The U.S. Department of Transportation has completed a phased enforcement initiative targeting non-domiciled holders of Commercial Driver's Licenses (CDLs), removing 13,000 individuals from active transportation operations within the past week. These drivers, primarily operating under temporary or foreign-issued credentials, were found to be in violation of updated federal requirements mandating physical U.S. residency for all CDL holders engaged in interstate freight transport. The crackdown follows a 90-day grace period after the release of new regulations in February 2026, which tightened eligibility criteria for CDL holders participating in cross-state freight movement. The rule change, aimed at ensuring driver accountability and safety compliance, now requires proof of U.S. domicile, including tax filings, utility records, and voter registration, to maintain licensure.

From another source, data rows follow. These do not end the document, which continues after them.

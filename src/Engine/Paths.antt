-- ===== src/Engine/Paths.antt =====
-- Operations as paths of quiet steps and moves, and the rules to build them.
use hounds_ciai.Prelude.{ℕ, String, Bool, true, false, ◌≡◌, refl, sym, ap, subst, ◌∷◌, string_eq}
use hounds_ciai.Result.{Result, ok, err}
use hounds_ciai.Store.{Task}
use hounds_ciai.Engine.Steps.{Quiet, Same, Edge}
use hounds_ciai.Engine.Runs.{Post, Same-refl, Runs, Runs-get_task}
use hounds_ciai.Result.{db_failed}
use hounds_ciai.Store.{AuditEntry, append_audit, or_now}
use hounds_ciai.Engine.Monad.{
  World, Engine, Sys, M, Ctx, now, call, pure, raise, branch, continue, get_task, get_store,
  set_task, set_store, caught, statement, statement_ok, ◌>>=◌,
}
use hounds_ciai.Engine.Steps.{stay, calls, Reach, quiet, moves, IsRow}
use hounds_ciai.Engine.Notices.{append_row}
use hounds_ciai.Engine.Transitions.{enter_state}
use hounds_ciai.Engine.Runs.{Quiet-trans}

module _ {W : Type 0} (e : Engine) where
  Reach-Quiet : {s t u : Sys W} → Reach e s t → Quiet e t u → Reach e s u
  Reach-Quiet (quiet p) q = quiet (Quiet-trans e p q)
  Reach-Quiet (moves d row next p r i m l x) q = moves d row next p r i m l (Quiet-trans e x q)

  pub Reach-trans : {s t u : Sys W} → Reach e s t → Reach e t u → Reach e s u
  Reach-trans p (quiet q) = Reach-Quiet p q
  Reach-trans p (moves d row next q r i m l x) = moves d row next (Reach-trans p q) r i m l x

  -- `m`, from a task with `I`, goes along such a path, and its value satisfies `Q`.
  pub record Went {A : Type 0} (Q : A → Type 0) (s : Sys W) (r : Result A × Sys W) : Type 0 where
    pub path : Reach e s r.1
    pub post : Post Q r.0

  pub record Goes {A : Type 0} (I : Task → Type 0) (Q : A → Type 0) (m : M W A) : Type 0 where
    pub at : (s : Sys W) → I s.task → Went Q s (m s)

  module _ {A : Type 0} {I : Task → Type 0} {Q : A → Type 0} where
    pub Goes-Runs : (m : M W A) → Runs e I Q m → Goes I Q m
    Goes-Runs m k = record {
      at = λ s i. let c = k.at s i in record { path = quiet c.path; post = c.post };
    }

    pub Goes-Same : (m : M W A) → ((o : Task) → I o → Goes (Same o) Q m) → Goes I Q m
    Goes-Same m k = record { at = λ s i. (k s.task i).at s (Same-refl s.task) }

    pub Goes-if :
        (b : Bool) (m n : M W A)
        → (b ≡ true → Goes I Q m)
        → (b ≡ false → Goes I Q n)
        → Goes I Q (branch b m n)
    unfolding branch
    Goes-if true m n km kn = km refl
    Goes-if false m n km kn = kn refl

    pub Goes-caught : (m : M W A) → Goes I Q m → Goes I (Post Q) (caught m)
    unfolding caught
    Goes-caught m k = record {
      at = λ s i. let c = k.at s i in record { path = c.path; post = c.post };
    }

  module _ {A B : Type 0} {J : Task → Type 0} {P : A → Type 0} {Q : B → Type 0} where
    Went-continue :
        (f : A → M W B) (s s' : Sys W) (r : Result A)
        → Reach e s s'
        → J s'.task
        → Post P r
        → ((a : A) → P a → Goes J Q (f a))
        → Went Q s (continue f (r, s'))
    unfolding continue
    Went-continue f s s' (ok a) p j q k =
        let c = (k a q).at s' j in record { path = Reach-trans p c.path; post = c.post }
    Went-continue f s s' (err x) p j q k = record { path = p; post = tt }

  module _ {A B : Type 0} {I : Task → Type 0} {P : A → Type 0} {Q : B → Type 0} where
    pub Goes-after :
        (m : M W A) (f : A → M W B)
        → Runs e I P m
        → ((a : A) → P a → Goes I Q (f a))
        → Goes I Q (m >>= f)
    unfolding ◌>>=◌
    Goes-after m f km kf = record {
      at = λ s i.
          let c = km.at s i in
          Went-continue {J = I} f s (m s).1 (m s).0 (quiet c.path) c.kept c.post kf;
    }

    pub Goes-bind :
        (m : M W A) (f : A → M W B)
        → Goes I P m
        → ((a : A) → P a → Goes (λ _. Unit {0}) Q (f a))
        → Goes I Q (m >>= f)
    unfolding ◌>>=◌
    Goes-bind m f km kf = record {
      at = λ s i.
          let c = km.at s i in
          Went-continue {J = λ _. Unit {0}} f s (m s).1 (m s).0 c.path tt c.post kf;
    }

  module _ {B : Type 0} {I : Task → Type 0} {Q : B → Type 0} where
    pub Goes-read :
        (f : Task → M W B) → ((t : Task) → I t → Goes I Q (f t)) → Goes I Q (get_task >>= f)
    Goes-read f k = Goes-after {P = I} get_task f (Runs-get_task e) k

module _ {W : Type 0} (ext : World W) (e : Engine) {B : Type 0} {Q : B → Type 0} (c : Ctx)
    (next : String) where
  -- The audit row and the new state, once the statement is known to succeed or to fail.
  settled :
      (k : M W B) (done : Bool) (s u : Sys W) (n : ℕ) (row : AuditEntry)
      → Quiet e s u
      → IsRow row u.task.id u.task.current_state next
      → Edge e.wf u.task.current_state next
      → Goes e (λ _. Unit {0}) Q k
      → Went e Q s (
          continue
            (λ (x : Unit {0}). enter_state ext e next >>= λ _. k)
            (continue
              (λ (x : Unit {0}). get_store >>= λ d. set_store (append_audit n row d))
              (branch done (pure tt) (raise db_failed) u)))
  unfolding continue branch pure raise ◌>>=◌ get_store set_store get_task set_task enter_state call
      append_audit
  settled k false s u n row p r m g = record { path = quiet p; post = tt }
  settled k true s u n row p r m g =
      let t = (ext.perform now u.world).0 in
      let to = record u.task { current_state = next; state_entered_at = t } in
      let v = record u {
        world = (ext.perform now u.world).1;
        store = append_audit n row u.store;
        task = to;
        trace = now ∷ u.trace;
      } in
      let w = g.at v tt in
      record {
        path =
            Reach-trans e
              (moves (append_audit n row u.store) (record row { ts = or_now row.ts n }) to
                (quiet (calls now (ext.perform now u.world).1 p tt))
                (record { task_id = r.task_id; from_state = r.from_state; to_state = r.to_state })
                (record { id = refl; issue = refl; branch = refl; snapshot = refl; state = refl }) m
                (record { log = refl; tasks = refl }) stay)
              w.path;
        post = w.post;
      }

  -- A row from the task's state to the next, and the task in that state.
  pub Goes-moves :
      (o : Task) (trigger result : String) (k : M W B)
      → Edge e.wf o.current_state next
      → Goes e (λ _. Unit {0}) Q k
      → Goes e
          (λ t. t ≡ o)
          Q
          (append_row ext c o.current_state next trigger result >>= λ _.
            enter_state ext e next >>= λ _. k)
  unfolding append_row get_task call statement_ok ◌>>=◌ continue
  Goes-moves o trigger result k m g = record {
    at = λ s i.
        let w = (ext.perform now s.world).1 in
        settled k _ s _ _ _
          (calls (statement c) (ext.perform (statement c) w).1 (calls now w stay tt) tt)
          (record {
            task_id = refl;
            from_state = ap (λ (t : Task). t.current_state) (sym i);
            to_state = refl;
          })
          (subst (λ (t : Task). Edge e.wf t.current_state next) (sym i) m) g;
  }
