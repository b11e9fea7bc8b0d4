-- ===== src/Engine/Quietly/Writes.antt =====
-- The writes that change no state, and the notices.
use hounds_ciai.Prelude.{ℕ, String, ◌≡◌, refl, sym, ◌∙◌, subst, string_eq}
use hounds_ciai.Result.{Result, ok, err}
use hounds_ciai.Store.{Task, AuditEntry, Store, update_task, append_audit, or_now}
use hounds_ciai.Engine.Monad.{
  World, Engine, Sys, M, Ctx, attached, Notice, ◌>>=◌, ◌>>◌, from_result, get_store, set_task,
  set_store, now, statement, statement_ok, continue, notify, read_pane,
}
use hounds_ciai.Engine.Notices.{
  alert_pane_lines, send, append_row, alert, notify_terminal_alert, read_recent, read_tail,
}
use hounds_ciai.Engine.Transitions.{persist, record_agent_status}
use hounds_ciai.Engine.Steps.{stay, adjusts, saves, notes, Same, IsRow}
use hounds_ciai.Engine.Runs.{
  Quiet-trans, Same-trans, Same-sym, Calm, Runs, Runs-pure, Runs-raise, Runs-if, Runs-caught,
  Runs-bind, Runs-then, Runs-get_store, Runs-set_task, Runs-call, Runs-read, Runs-next, Runs-ask,
}

module _ {W : Type 0} (ext : World W) (e : Engine) where
  module _ {I : Task → Type 0} where
    pub Runs-statement_ok : (c : Ctx) → Runs {W = W} e I (λ _. Unit {0}) (statement_ok ext c)
    unfolding statement_ok
    Runs-statement_ok c =
        Runs-bind e _ _ (Runs-call e ext (statement c) (λ _ _. tt))
          λ done _. Runs-if e done _ _ (λ _. Runs-pure e tt tt) (λ _. Runs-raise e _)

    pub Runs-send : (n : Notice) → Runs {W = W} e I (λ _. Unit {0}) (send ext n)
    unfolding send
    Runs-send n = Runs-then e _ _ (Runs-call e ext (notify n) (λ _ _. tt)) (Runs-pure e tt tt)

    read_recent_quiet :
        (c : Ctx) (task : Task) → Runs {W = W} e I (λ _. Unit {0}) (read_recent ext c task)
    unfolding read_recent
    read_recent_quiet c task =
        Runs-bind e _ _ (Runs-caught e _ (Runs-statement_ok c))
          λ r _. Runs-next e _ _ (Runs-get_store e) λ d. Runs-pure e _ tt

    read_tail_quiet : (task : Task) → Runs {W = W} e I (λ _. Unit {0}) (read_tail ext task)
    unfolding read_tail
    read_tail_quiet task =
        Runs-if e _ _ _ (λ _. Runs-pure e _ tt)
          λ _.
            Runs-ask e ext (read_pane task.pane_id alert_pane_lines) _ (λ _ _. tt)
              λ r. Runs-pure e _ tt

    pub Runs-notify_terminal_alert :
        (c : Ctx) → Runs {W = W} e I (λ _. Unit {0}) (notify_terminal_alert ext e c)
    unfolding notify_terminal_alert
    Runs-notify_terminal_alert c = Runs-read e _ λ task _.
        Runs-if e _ _ _ (λ _. Runs-pure e tt tt)
          λ _.
            Runs-next e _ _ (read_recent_quiet c task)
              λ recent. Runs-next e _ _ (read_tail_quiet task) λ tail. Runs-send _

  -- After the task is set, the rest may rely on it.
  Runs-set_then :
      {A : Type 0} {I : Task → Type 0} {Q : A → Type 0} (u : Task) (k : M W A)
      → I u
      → ((t : Task) → I t → Same t u)
      → Runs e (λ t. t ≡ u) Q k
      → Runs e I Q (set_task u >> k)
  unfolding set_task ◌>>=◌ continue
  Runs-set_then {I = I} u k iu same rk = record {
    at = λ s i.
        let c = rk.at (record s { task = u }) refl in
        record {
          path = Quiet-trans e (adjusts u stay (same s.task i)) c.path;
          kept = subst I (sym c.kept) iu;
          post = c.post;
        };
  }

  -- The row that is written is the task's own.
  saved :
      (u : Task) (s : Sys W)
      → s.task ≡ u
      → (r : Result Store) → update_task u s.store ≡ r
      → Calm e (λ t. t ≡ u) (λ _. Unit) s ((from_result r >>= set_store) s)
  unfolding from_result ◌>>=◌ set_store continue
  saved u s i (ok d) h = record {
    path = saves d stay (subst (λ t. update_task t s.store ≡ ok d) (sym i) h);
    kept = i;
    post = tt;
  }
  saved u s i (err x) h = record { path = stay; kept = i; post = tt }

  Runs-save :
      (u : Task)
      → Runs {W = W} e
          (λ t. t ≡ u)
          (λ _. Unit {0})
          (get_store >>= λ d. from_result (update_task u d) >>= λ d'. set_store d')
  unfolding get_store ◌>>=◌ continue
  Runs-save u = record { at = λ s i. saved u s i (update_task u s.store) refl }

  Runs-append :
      {I : Task → Type 0} (n : ℕ) (row : AuditEntry)
      → ((t : Task) → I t → IsRow row t.id t.current_state t.current_state)
      → Runs {W = W} e I (λ _. Unit {0}) (get_store >>= λ d. set_store (append_audit n row d))
  unfolding get_store set_store ◌>>=◌ continue append_audit
  Runs-append n row h = record {
    at = λ s i.
        let r = h s.task i in
        record {
          path =
              notes (append_audit n row s.store) (record row { ts = or_now row.ts n }) stay
                (record { task_id = r.task_id; from_state = r.from_state; to_state = r.to_state })
                (record { log = refl; tasks = refl });
          kept = i;
          post = tt;
        };
  }

  module _ (o : Task) where
    pub Runs-persist : (c : Ctx) → Runs {W = W} e (Same o) (λ _. Unit {0}) (persist ext c)
    unfolding persist
    Runs-persist c = Runs-read e _ λ task h.
        Runs-ask e ext now _ (λ _ _. tt)
          λ t.
            let stamped : Same task (record task { updated_at = t }) = record {
              id = refl;
              issue = refl;
              branch = refl;
              snapshot = refl;
              state = refl;
            } in
            Runs-set_then _ _ (Same-trans h stamped)
              (λ u i. Same-trans (Same-sym i) (Same-trans h stamped))
              (Runs-next e _ _ (Runs-statement_ok c) λ _. Runs-save _)

    -- An audit row from the state to itself.
    pub Runs-note :
        (c : Ctx) (trigger result : String) (task : Task)
        → Same o task
        → Runs {W = W} e
            (Same o)
            (λ _. Unit {0})
            (append_row ext c task.current_state task.current_state trigger result)
    unfolding append_row
    Runs-note c trigger result task h = Runs-read e _ λ t i.
        Runs-ask e ext now _ (λ _ _. tt)
          λ n. Runs-next e _ _ (Runs-statement_ok c) λ _. Runs-append n _ λ u j. record {
            task_id = i.id ∙ sym j.id;
            from_state = h.state ∙ sym j.state;
            to_state = h.state ∙ sym j.state;
          }

    pub Runs-alert : (msg : String) → Runs {W = W} e (Same o) (λ _. Unit {0}) (alert ext msg)
    unfolding alert
    Runs-alert msg = Runs-read e _ λ task h.
        Runs-bind e _ _ (Runs-caught e _ (Runs-note attached _ _ task h)) λ _ _. Runs-send _

    pub Runs-record_agent_status :
        (status : String) → Runs {W = W} e (Same o) (λ _. Unit {0}) (record_agent_status ext status)
    unfolding record_agent_status
    Runs-record_agent_status status = Runs-read e _ λ task h.
        Runs-if e _ _ _ (λ _. Runs-pure e tt tt)
          λ _.
            Runs-ask e ext now _ (λ _ _. tt)
              λ t.
                let changed : Same task
                    (record task { agent_status = status; agent_status_at = t }) =
                  record {
                    id = refl;
                    issue = refl;
                    branch = refl;
                    snapshot = refl;
                    state = refl;
                  } in
                Runs-next e _ _
                  (Runs-set_task e _ (Same-trans h changed)
                    (λ u i. Same-trans (Same-sym i) (Same-trans h changed)))
                  λ _.
                    Runs-bind e _ _ (Runs-caught e _ (Runs-persist attached))
                      λ _ _. Runs-pure e tt tt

Industry analysts project that the sudden loss of 13,000 drivers could reduce available long-haul trucking capacity by up to 18%, with ripple effects across supply chains. Freight rates are already rising, with spot market prices for dry van transport increasing by 12% in March alone. This surge in logistics costs is expected to contribute to a 0.4% uptick in core inflation metrics by mid-2026. Energy markets are reacting swiftly: crude oil futures (CL=F) rose 3.2% on the news, reflecting expectations of higher fuel demand due to reduced freight efficiency. The VIX index (^VIX) spiked 14%, signaling heightened market volatility amid uncertainty over supply chain resilience. Defense logistics, reliant on timely freight for equipment and personnel transport, are also assessing potential delays in deployment readiness.